* Try it *
The output should be the records themselves, given again exactly.

Start of Block

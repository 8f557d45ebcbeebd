-- ===== src/Timestamp/Ordering.antt =====
-- src/BSON/Timestamp.c, `php_phongo_timestamp_compare_objects`.
use dotdeb_php_mongodb.Prelude.{
  ◌<◌, ◌⊎◌, ℤ, pos, negsuc, neg_ℤ, ◌≡◌, ◌↔◌, arith, ℕ, ltb, ◌==◌, if◌then◌else◌,
}
use dotdeb_php_mongodb.Timestamp.{Timestamp, compare_timestamps}

abbrev pub lexicographic : ℕ → ℕ → ℕ → ℕ → ℤ
lexicographic i t j u =
    if t == u
    then (if i == j then pos 0 else if ltb i j then negsuc 0 else pos 1)
    else if ltb t u
    then negsuc 0
    else pos 1

lexicographic-equal : (i t j u : ℕ) → (lexicographic i t j u ≡ pos 0) ↔ ((t ≡ u) × (i ≡ j))
lexicographic-equal i t j u = ground arith

lexicographic-swap : (i t j u : ℕ) → lexicographic j u i t ≡ neg_ℤ (lexicographic i t j u)
lexicographic-swap i t j u = ground arith

lexicographic-below :
    (i t j u k v : ℕ)
    → lexicographic i t j u ≡ negsuc 0
    → lexicographic j u k v ≡ negsuc 0
    → lexicographic i t k v ≡ negsuc 0
lexicographic-below i t j u k v h g = ground arith

lexicographic-precedes :
    (i t j u : ℕ) → (lexicographic i t j u ≡ negsuc 0) ↔ ((t < u) ⊎ ((t ≡ u) × (i < j)))
lexicographic-precedes i t j u = ground arith

-- The comparison of timestamps is a strict linear order: it is -1 exactly if the first has fewer
-- seconds, or as many and a smaller increment; it is 0 exactly if both parts are equal, exchanging
-- the two changes its sign, and what is below is transitive.
pub compare_timestamps-linear :
    (a b c : Timestamp)
    → ((compare_timestamps a b ≡ negsuc 0) ↔ (
        (a.timestamp < b.timestamp) ⊎ ((a.timestamp ≡ b.timestamp) × (a.increment < b.increment))))
      × (((compare_timestamps a b ≡ pos 0)
            ↔ ((a.timestamp ≡ b.timestamp) × (a.increment ≡ b.increment)))
          × ((compare_timestamps b a ≡ neg_ℤ (compare_timestamps a b))
              × (compare_timestamps a b ≡ negsuc 0
                  → compare_timestamps b c ≡ negsuc 0
                  → compare_timestamps a c ≡ negsuc 0)))
unfolding compare_timestamps
compare_timestamps-linear a b c = (
  lexicographic-precedes a.increment a.timestamp b.increment b.timestamp,
  (
    lexicographic-equal a.increment a.timestamp b.increment b.timestamp,
    (
      lexicographic-swap a.increment a.timestamp b.increment b.timestamp,
      lexicographic-below a.increment a.timestamp b.increment b.timestamp c.increment c.timestamp,
    ),
  ),
)
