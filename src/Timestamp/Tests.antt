-- ===== src/Timestamp/Tests.antt =====
-- Instances of the theorems on timestamps.
use dotdeb_php_mongodb.Php.Hash.{key_eq}
use dotdeb_php_mongodb.Prelude.{
  ℕ, ◌<◌, ◌⊎◌, ℤ, pos, negsuc, neg_ℤ, Bytes, true, Option, none, some, [], ◌∷◌, ◌≡◌, ◌↔◌, refl,
  arith, bytes_eq,
}
use dotdeb_php_mongodb.Php.{Zval}
use dotdeb_php_mongodb.Php.Hash.{find, key_eq}
use dotdeb_php_mongodb.Timestamp.{
  Timestamp, fresh_timestamp, construct_timestamp, timestamp_init_from_hash, timestamp_properties,
  compare_timestamps, find,
}
use dotdeb_php_mongodb.Timestamp.Fields.{
  Attempt, construct_timestamp-Attempt, timestamp_init_from_hash-properties,
}
use dotdeb_php_mongodb.Timestamp.Ordering.{compare_timestamps-linear}
use dotdeb_php_mongodb.Samples.{sample_env}

-- Numbers in a notation with one digit for each.
abbrev write_digit : ℕ → Bytes
write_digit n = n ∷ []

abbrev read_digit : Bytes → Option ℤ
read_digit (n ∷ []) = some (pos n)
read_digit _ = none

abbrev stamp : Timestamp
stamp = record { initialized = true; increment = 4294967295; timestamp = 1234 }

abbrev later : Timestamp
later = record { initialized = true; increment = 0; timestamp = 1235 }

construct_timestamp-Attempt_example :
    Attempt fresh_timestamp (some (pos 4294967295, pos 1234)) (
      construct_timestamp sample_env read_digit fresh_timestamp
        (Zval.long (pos 4294967295))
        (Zval.long (pos 1234)))
    × Attempt fresh_timestamp (some (pos 4294967295, pos 1234)) (
        timestamp_init_from_hash read_digit fresh_timestamp
          (timestamp_properties write_digit stamp))
unfolding timestamp_properties find key_eq bytes_eq
construct_timestamp-Attempt_example =
    construct_timestamp-Attempt sample_env read_digit fresh_timestamp (Zval.long (pos 4294967295))
      (Zval.long (pos 1234)) (timestamp_properties write_digit stamp)

timestamp_init_from_hash-properties_example :
    timestamp_init_from_hash read_digit fresh_timestamp (timestamp_properties write_digit stamp)
    ≡ (stamp, none)
timestamp_init_from_hash-properties_example =
    timestamp_init_from_hash-properties read_digit write_digit (λ n h. refl) fresh_timestamp stamp
      (record { is_initialized = refl; increment_fits = omega arith; timestamp_fits = omega arith })

compare_timestamps-linear_example :
    ((compare_timestamps stamp later ≡ negsuc 0) ↔ (
      (stamp.timestamp < later.timestamp)
      ⊎ ((stamp.timestamp ≡ later.timestamp) × (stamp.increment < later.increment))))
    × (((compare_timestamps stamp later ≡ pos 0)
          ↔ ((stamp.timestamp ≡ later.timestamp) × (stamp.increment ≡ later.increment)))
        × ((compare_timestamps later stamp ≡ neg_ℤ (compare_timestamps stamp later))
            × (compare_timestamps stamp later ≡ negsuc 0
                → compare_timestamps later later ≡ negsuc 0
                → compare_timestamps stamp later ≡ negsuc 0)))
compare_timestamps-linear_example = compare_timestamps-linear stamp later later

End of Block

* Response *
repository 8f557d45ebcbeebd
-- ===== src/Timestamp/Ordering.antt =====
-- src/BSON/Timestamp.c, `php_phongo_timestamp_compare_objects`.
use dotdeb_php_mongodb.Prelude.{
  ◌<◌, ◌⊎◌, ℤ, pos, negsuc, neg_ℤ, ◌≡◌, ◌↔◌, arith, ℕ, ltb, ◌==◌, if◌then◌else◌,
}
use dotdeb_php_mongodb.Timestamp.{Timestamp, compare_timestamps}

abbrev pub lexicographic : ℕ → ℕ → ℕ → ℕ → ℤ
lexicographic i t j u =
    if t == u
    then (if i == j then pos 0 else if ltb i j then negsuc 0 else pos 1)
    else if ltb t u
    then negsuc 0
    else pos 1

lexicographic-equal : (i t j u : ℕ) → (lexicographic i t j u ≡ pos 0) ↔ ((t ≡ u) × (i ≡ j))
lexicographic-equal i t j u = ground arith

lexicographic-swap : (i t j u : ℕ) → lexicographic j u i t ≡ neg_ℤ (lexicographic i t j u)
lexicographic-swap i t j u = ground arith

lexicographic-below :
    (i t j u k v : ℕ)
    → lexicographic i t j u ≡ negsuc 0
    → lexicographic j u k v ≡ negsuc 0
    → lexicographic i t k v ≡ negsuc 0
lexicographic-below i t j u k v h g = ground arith

lexicographic-precedes :
    (i t j u : ℕ) → (lexicographic i t j u ≡ negsuc 0) ↔ ((t < u) ⊎ ((t ≡ u) × (i < j)))
lexicographic-precedes i t j u = ground arith

-- The comparison of timestamps is a strict linear order: it is -1 exactly if the first has fewer
-- seconds, or as many and a smaller increment; it is 0 exactly if both parts are equal, exchanging
-- the two changes its sign, and what is below is transitive.
pub compare_timestamps-linear :
    (a b c : Timestamp)
    → ((compare_timestamps a b ≡ negsuc 0) ↔ (
        (a.timestamp < b.timestamp) ⊎ ((a.timestamp ≡ b.timestamp) × (a.increment < b.increment))))
      × (((compare_timestamps a b ≡ pos 0)
            ↔ ((a.timestamp ≡ b.timestamp) × (a.increment ≡ b.increment)))
          × ((compare_timestamps b a ≡ neg_ℤ (compare_timestamps a b))
              × (compare_timestamps a b ≡ negsuc 0
                  → compare_timestamps b c ≡ negsuc 0
                  → compare_timestamps a c ≡ negsuc 0)))
unfolding compare_timestamps
compare_timestamps-linear a b c = (
  lexicographic-precedes a.increment a.timestamp b.increment b.timestamp,
  (
    lexicographic-equal a.increment a.timestamp b.increment b.timestamp,
    (
      lexicographic-swap a.increment a.timestamp b.increment b.timestamp,
      lexicographic-below a.increment a.timestamp b.increment b.timestamp c.increment c.timestamp,
    ),
  ),
)
filename src/Timestamp/Tests.antt
-- ===== src/Timestamp/Tests.antt =====
-- Instances of the theorems on timestamps.
use dotdeb_php_mongodb.Php.Hash.{key_eq}
use dotdeb_php_mongodb.Prelude.{
  ℕ, ◌<◌, ◌⊎◌, ℤ, pos, negsuc, neg_ℤ, Bytes, true, Option, none, some, [], ◌∷◌, ◌≡◌, ◌↔◌, refl,
  arith, bytes_eq,
}
use dotdeb_php_mongodb.Php.{Zval}
use dotdeb_php_mongodb.Php.Hash.{find, key_eq}
use dotdeb_php_mongodb.Timestamp.{
  Timestamp, fresh_timestamp, construct_timestamp, timestamp_init_from_hash, timestamp_properties,
  compare_timestamps, find,
}
use dotdeb_php_mongodb.Timestamp.Fields.{
  Attempt, construct_timestamp-Attempt, timestamp_init_from_hash-properties,
}
use dotdeb_php_mongodb.Timestamp.Ordering.{compare_timestamps-linear}
use dotdeb_php_mongodb.Samples.{sample_env}

-- Numbers in a notation with one digit for each.
abbrev write_digit : ℕ → Bytes
write_digit n = n ∷ []

abbrev read_digit : Bytes → Option ℤ
read_digit (n ∷ []) = some (pos n)
read_digit _ = none

abbrev stamp : Timestamp
stamp = record { initialized = true; increment = 4294967295; timestamp = 1234 }

abbrev later : Timestamp
later = record { initialized = true; increment = 0; timestamp = 1235 }

construct_timestamp-Attempt_example :
    Attempt fresh_timestamp (some (pos 4294967295, pos 1234)) (
      construct_timestamp sample_env read_digit fresh_timestamp
        (Zval.long (pos 4294967295))
        (Zval.long (pos 1234)))
    × Attempt fresh_timestamp (some (pos 4294967295, pos 1234)) (
        timestamp_init_from_hash read_digit fresh_timestamp
          (timestamp_properties write_digit stamp))
unfolding timestamp_properties find key_eq bytes_eq
construct_timestamp-Attempt_example =
    construct_timestamp-Attempt sample_env read_digit fresh_timestamp (Zval.long (pos 4294967295))
      (Zval.long (pos 1234)) (timestamp_properties write_digit stamp)

timestamp_init_from_hash-properties_example :
    timestamp_init_from_hash read_digit fresh_timestamp (timestamp_properties write_digit stamp)
    ≡ (stamp, none)
timestamp_init_from_hash-properties_example =
    timestamp_init_from_hash-properties read_digit write_digit (λ n h. refl) fresh_timestamp stamp
      (record { is_initialized = refl; increment_fits = omega arith; timestamp_fits = omega arith })

compare_timestamps-linear_example :
    ((compare_timestamps stamp later ≡ negsuc 0) ↔ (
      (stamp.timestamp < later.timestamp)
      ⊎ ((stamp.timestamp ≡ later.timestamp) × (stamp.increment < later.increment))))
    × (((compare_timestamps stamp later ≡ pos 0)
          ↔ ((stamp.timestamp ≡ later.timestamp) × (stamp.increment ≡ later.increment)))
        × ((compare_timestamps later stamp ≡ neg_ℤ (compare_timestamps stamp later))
            × (compare_timestamps stamp later ≡ negsuc 0
                → compare_timestamps later later ≡ negsuc 0
                → compare_timestamps stamp later ≡ negsuc 0)))
compare_timestamps-linear_example = compare_timestamps-linear stamp later later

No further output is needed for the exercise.